HUMBLE ME NURSES! I know there's gonna be cases like this in my nursing career but I gotta learn and deal with this bravely now.

First bolded statement: these are not "other peoples' expectations of you"....these are YOUR expectations of other peoples' expectations of you. See the difference? You assume that's how everyone sees you, and it probably couldn't be further from the truth.

Second bolded statement: You mean that ***** had the nerve to SMILE at you, when you were working so hard to ignore and avoid her? Shame on her. :rolleyes: I just HATE friendly gestures like smiling.

I really could have a field day analyzing your post with all the theories I've learned in class, but I have homework to do.

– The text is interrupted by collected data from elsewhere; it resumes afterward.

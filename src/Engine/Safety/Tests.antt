-- ===== src/Engine/Safety/Tests.antt =====
-- The theorems on the limits, the cooldowns, the guard and the warm-up at work.
use influence_platform.Prelude.{
  ◌+◌, ◌-◌, ◌*◌, ◌≤◌, ◌<◌, ◌≡◌, ◌↔◌, refl, arith, true, false, not, [], none, some, leb,
}
use influence_platform.Js.Text.{Text, codes, ◌===◌}
use influence_platform.Engine.Safety.Limits.{
  Account, lookup, effective_limit, is_stopped, record_action, check_daily_limit,
  get_health_multiplier,
}
use influence_platform.Engine.Safety.Cooldowns.{
  CooldownKey, both_written, none_written, check_cooldown, set_cooldown, effective_cooldown,
  get_health_cooldown_multiplier, health_or_full,
}
use influence_platform.Engine.Safety.Cooldowns.Active.{check_cooldown-set_cooldown}
use influence_platform.Engine.Safety.Guard.{
  AccountState, ActionTarget, key_of, pre_action_validation, post_action_processing,
}
use influence_platform.Engine.Safety.Guard.Allows.{
  is_allowed, is_halted, is_free, pre_action_validation_iff,
  pre_action_validation-post_action_processing,
}
use influence_platform.Engine.Safety.Warmup.{calculate_daily_limit, check_min_interval, minute}
use influence_platform.Engine.Safety.Warmup.Bounds.{
  calculate_daily_limit_bounds, check_min_interval_wait,
}

abbrev healthy : Account
healthy = record { status = codes "active"; health_score = some 75 }

abbrev post : Text
post = codes "post"

abbrev like : Text
like = codes "like"

abbrev like_of_user : CooldownKey
like_of_user = record { action_type = like; target_type = codes "user"; target_id = codes "7" }

check_cooldown-set_cooldown_example :
    (check_cooldown 400000 none
      (set_cooldown both_written 0 (some 75) none like_of_user [])
      like_of_user).allowed
    ≡ leb (0 + effective_cooldown (some 75) like) 400000
check_cooldown-set_cooldown_example =
    check_cooldown-set_cooldown 0 400000 (some 75) none like_of_user []

abbrev fresh : AccountState
fresh = record { account = some healthy; counts = []; cooldowns = []; alerts = 0 }

abbrev user_seven : ActionTarget
user_seven = record { type = none; id = some (codes "7") }

pre_action_validation_iff_example :
    (is_allowed (pre_action_validation 0 fresh like (some user_seven)) ≡ true) ↔ (
      (is_halted (codes "active") ≡ false)
      × (lookup like [] 0 < effective_limit (some 75) like)
      × (is_free 0 fresh (key_of like (some user_seven)) ≡ true))
pre_action_validation_iff_example =
    pre_action_validation_iff 0 fresh healthy like (some user_seven) refl

pre_action_validation-post_action_processing_example :
    0 + effective_cooldown (some 75) like ≤ 450000
unfolding key_of pre_action_validation post_action_processing check_cooldown set_cooldown
    effective_cooldown get_health_cooldown_multiplier health_or_full record_action check_daily_limit
    effective_limit get_health_multiplier lookup ◌===◌
pre_action_validation-post_action_processing_example =
    pre_action_validation-post_action_processing 0 450000
      (record { counted = true; cooldown = both_written }) fresh like user_seven like_of_user refl
      refl refl

-- A cooldown that could not be written leaves the action allowed at once.
unwritten_allows :
    is_allowed (
      pre_action_validation 0
        (post_action_processing
          (record { counted = true; cooldown = none_written })
          0
          like
          (some user_seven)
          true
          fresh)
        like
        (some user_seven))
    ≡ true
unfolding key_of pre_action_validation post_action_processing check_cooldown set_cooldown
    record_action check_daily_limit effective_limit get_health_multiplier lookup ◌===◌
unwritten_allows = refl

calculate_daily_limit_bounds_example :
    (calculate_daily_limit 20 75 (codes "active") ≤ 5)
    × (leb 1 (calculate_daily_limit 20 75 (codes "active")) ≡ not (is_stopped (codes "active")))
calculate_daily_limit_bounds_example =
    calculate_daily_limit_bounds 20 75 (codes "active") (omega arith)

check_min_interval_wait_example :
    ((check_min_interval (1000 + (check_min_interval 1000 (some 0)).1 * minute) (some 0)).0 ≡ true)
    × ((check_min_interval (1000 + ((check_min_interval 1000 (some 0)).1 - 1) * minute) (some 0)).0
        ≡ leb (check_min_interval 1000 (some 0)).1 0)
    × ((check_min_interval 1000 (some 0)).0 ≡ leb (check_min_interval 1000 (some 0)).1 0)
check_min_interval_wait_example = check_min_interval_wait 1000 0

Also...I would be tripping over my feet to thank someone telling me how to work the coffee machine. I've never owned one or ever used one before. All washing machines are different and some have stupid quirks.

Shut your mouth up and learn what this woman has to teach you. :D You may be surprised.

And definitely, as a nursing student...you don't know more than the nurses.

Specializes in CVICU, Obs/Gyn, Derm, NICU.
I really could have a field day analyzing your post with all the theories I've learned in class, but I have homework to do.

Also...I would be tripping over my feet to thank someone telling me how to work the coffee machine. I've never owned one or ever used one before. All washing machines are different and some have stupid quirks.

Shut your mouth up and learn what this woman has to teach you. :D You may be surprised.

And definitely, as a nursing student...you don't know more than the nurses.

This is inappropriate.

Can you think of a different way of saying that?

How should an educated professional say 'shut your mouth up' ??????